Credit: © Mark Wade
Status: Design 1988. Payload: 6,000 kg (13,200 lb). Thrust: 2,400.00 kN (539,500 lbf). Gross mass: 330,000 kg (720,000 lb). Height: 85.00 m (278.00 ft). Diameter: 12.00 m (39.00 ft). Apogee: 500 km (310 mi).
The H-2 shuttle concept was a two-stage system with horizontal takeoff and landing. The appearance and layout of the system was similar to the West German Saenger-II. Launch mass would be 330 metric tons. An aerospace plane with accommodation for two to three crew and a payload of 6 metric tons would be mounted atop the first stage. It was felt by the designers that the horizontal launch method would result in lower system weight and provide a more flexible system that could be operated from any airfield.
The hypersonic lifting body first stage would be 85 m long and 12 m in diameter with a 36 m wingspan and three vertical stabilizers. The stage would have a launch mass of 198 metric tons and a landing mass of 79 metric tons. At launch the stage would be powered by six Lox/LH2/Methane engines with a thrust of 40 metric tons each and a specific impulse of 370 seconds. These would be supplemented by eight LH2-powered direct-flow ramjet engines with a specific impulse of 3500 seconds. The rocket engines alone would power the vehicle from the runway to a speed of Mach 0.8, at which point the ramjets would ignite. Up to an altitude of 9 km and a speed of Mach 1.8 to 2.0 the rocket and ramjet engines would operate in parallel to provide a constant acceleration, the rocket engines throttling back as the ramjets increased in thrust. Thereafter the first stage would be powered by ramjet thrust alone until it released the orbiter at an unspecified hypersonic speed. It would then return to its launch base.
With a high-aspect ratio version of the US space shuttle's double delta wing, the orbiter would have a length of 40 m, a wingspan of 12 m, and a fuselage 4 m in diameter. The orbiter would have a launch mass of 132 metric tons, a landing mass of 25.3 metric tons, and would be equipped with four Lox/LH2 engines with a specific impulse of 460 seconds and thrust of 21 metric tons each. These would take the stage to an elliptical orbit of 100 to 300 km altitude. Further engine maneuvers could take the spacecraft up to a 500 km altitude orbit.

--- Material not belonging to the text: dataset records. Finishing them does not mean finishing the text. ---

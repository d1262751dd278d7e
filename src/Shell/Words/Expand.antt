-- ===== src/Shell/Words/Expand.antt =====
-- What `expand_alias` makes of a command line.
use corestack_peky.Common.{
  ℕ, ◌+◌, ◌-◌, ◌<◌, ◌≡◌, ◌⊎◌, inl, inr, refl, ap, sym, ◌∙◌, arith, List, ◌∷◌, ◌++◌, false,
  Bool-cases, Option-cases, length, length-append, take, take-all, leb, ◌||◌, none, some,
}
use corestack_peky.Text.{trail, split_at, str_eq_refl}
use corestack_peky.Shell.Aliases.{
  Alias, alias_lookup, bi_alias, in_buffer, equals_sign, single_quote, double_quote,
}
use corestack_peky.Shell.Aliases.Quotes.{NotQuoted, quoted_args, bi_alias-quoted}
use corestack_peky.Shell.Words.{tokenise, expand_alias, max_args}
use corestack_peky.Shell.Words.Tokens.{AllWords, tokenise-trail}

-- `expand_alias` on a command with arguments: either it refuses with 0 and `argv` is unchanged, or
-- the number it answers is that of the words in `argv`, which stay below `cap` if they did before.
-- A command that is no alias is unchanged.
pub expand_alias_lem :
    (cmd : List ℕ) (args : List (List ℕ)) (alist : List Alias) (cap : ℕ)
    → length args + 1 < cap
    → let (argv', argc) = expand_alias (cmd ∷ args) alist cap in
      (argc < cap)
      × ((argc ≡ 0) × (argv' ≡ cmd ∷ args) ⊎ (argc ≡ length argv'))
      × (alias_lookup cmd alist ≡ none → (argv' ≡ cmd ∷ args) × (argc ≡ length args + 1))
unfolding expand_alias
expand_alias_lem cmd args alist cap room = elim (Option-cases (alias_lookup cmd alist)) [
  | inl o ↦ rw (expand_alias, o) (omega arith, inr refl, λ e. (refl, omega arith))
  | inr (exp, o) ↦
      let v = tokenise (take (in_buffer - 1) exp) max_args in
      elim (Bool-cases (leb cap (length v + length args) || leb (max_args - 1) (length v))) [
        | inl long ↦
            rw (expand_alias, o, long) (omega arith, inl (refl, refl), λ e. absurd (ground arith))
        | inr short ↦
            rw (expand_alias, o, short)
              (ground (arith, short), inr (sym (length-append v args)), λ e. absurd (ground arith))
      ]
]

expand_alias-value :
    (cmd w : List ℕ) (ws args : List (List ℕ)) (alist : List Alias) (cap : ℕ)
    → alias_lookup cmd alist ≡ some (w ++ trail ws)
    → length (w ++ trail ws) < in_buffer
    → AllWords (w ∷ ws)
    → length ws + 2 < max_args
    → length ws + length args + 1 < cap
    → expand_alias (cmd ∷ args) alist cap ≡ (w ∷ (ws ++ args), length (w ∷ (ws ++ args)))
unfolding expand_alias
expand_alias-value cmd w ws args alist cap held fits a few room =
    let whole = take-all (in_buffer - 1) (w ++ trail ws) (omega arith) in
    let read = tokenise-trail w ws max_args a (omega arith) in
    let count = length-append ws args in
    let long : (leb cap (length (w ∷ ws) + length args) || leb (max_args - 1) (length (w ∷ ws)))
        ≡ false =
      ground arith in
    rw (expand_alias, held, whole, read, long)
      (ap (λ k. (w ∷ (ws ++ args), k)) (omega (arith, count)))

-- What `alias n='w1 … wk'`, with single or double quotes, sets is what a later `n args` runs: the
-- words of the value, one or more, then the arguments. The name has no `=`, no word before the last
-- ends with the quote, the text fits the buffer and the words fit `argv`.
pub expand_alias-bi_alias :
    (quote : ℕ) (cmd n w : List ℕ) (ws args : List (List ℕ)) (alist : List Alias) (cap : ℕ)
    → (quote ≡ single_quote) ⊎ (quote ≡ double_quote)
    → split_at equals_sign n ≡ none
    → NotQuoted quote w ws
    → AllWords (w ∷ ws)
    → length (w ++ trail ws) + 2 < in_buffer
    → length ws + 2 < max_args
    → length ws + length args + 1 < cap
    → expand_alias (n ∷ args) (bi_alias (cmd ∷ quoted_args quote n w ws) alist).0 cap
      ≡ (w ∷ (ws ++ args), length ws + length args + 1)
expand_alias-bi_alias quote cmd n w ws args alist cap q name_ok plain a fits few room =
    let set = (bi_alias-quoted quote cmd n w ws alist q name_ok plain fits).1 n in
    let held : alias_lookup n (bi_alias (cmd ∷ quoted_args quote n w ws) alist).0
        ≡ some (w ++ trail ws) =
      set ∙ rw (str_eq_refl n) in
    expand_alias-value n w ws args _ cap held (omega arith) a few room
    ∙ ap (λ k. (w ∷ (ws ++ args), k)) (omega (arith, length-append ws args))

China began preliminary work on manned spaceflight again in July 1985. The decision came against a background of vigorous international space activity. The United States had its Strategic Defence Initiative and Space Station Freedom. The Soviet Union had its Buran shuttle system, Mir and Mir-2 space stations, and its own star wars program. Europe was developing the Hermes manned spaceplane, and Japan the Hope winged spacecraft. Even India and China were taking on ambitious space projects. It seemed China would have to take action to remain a world power.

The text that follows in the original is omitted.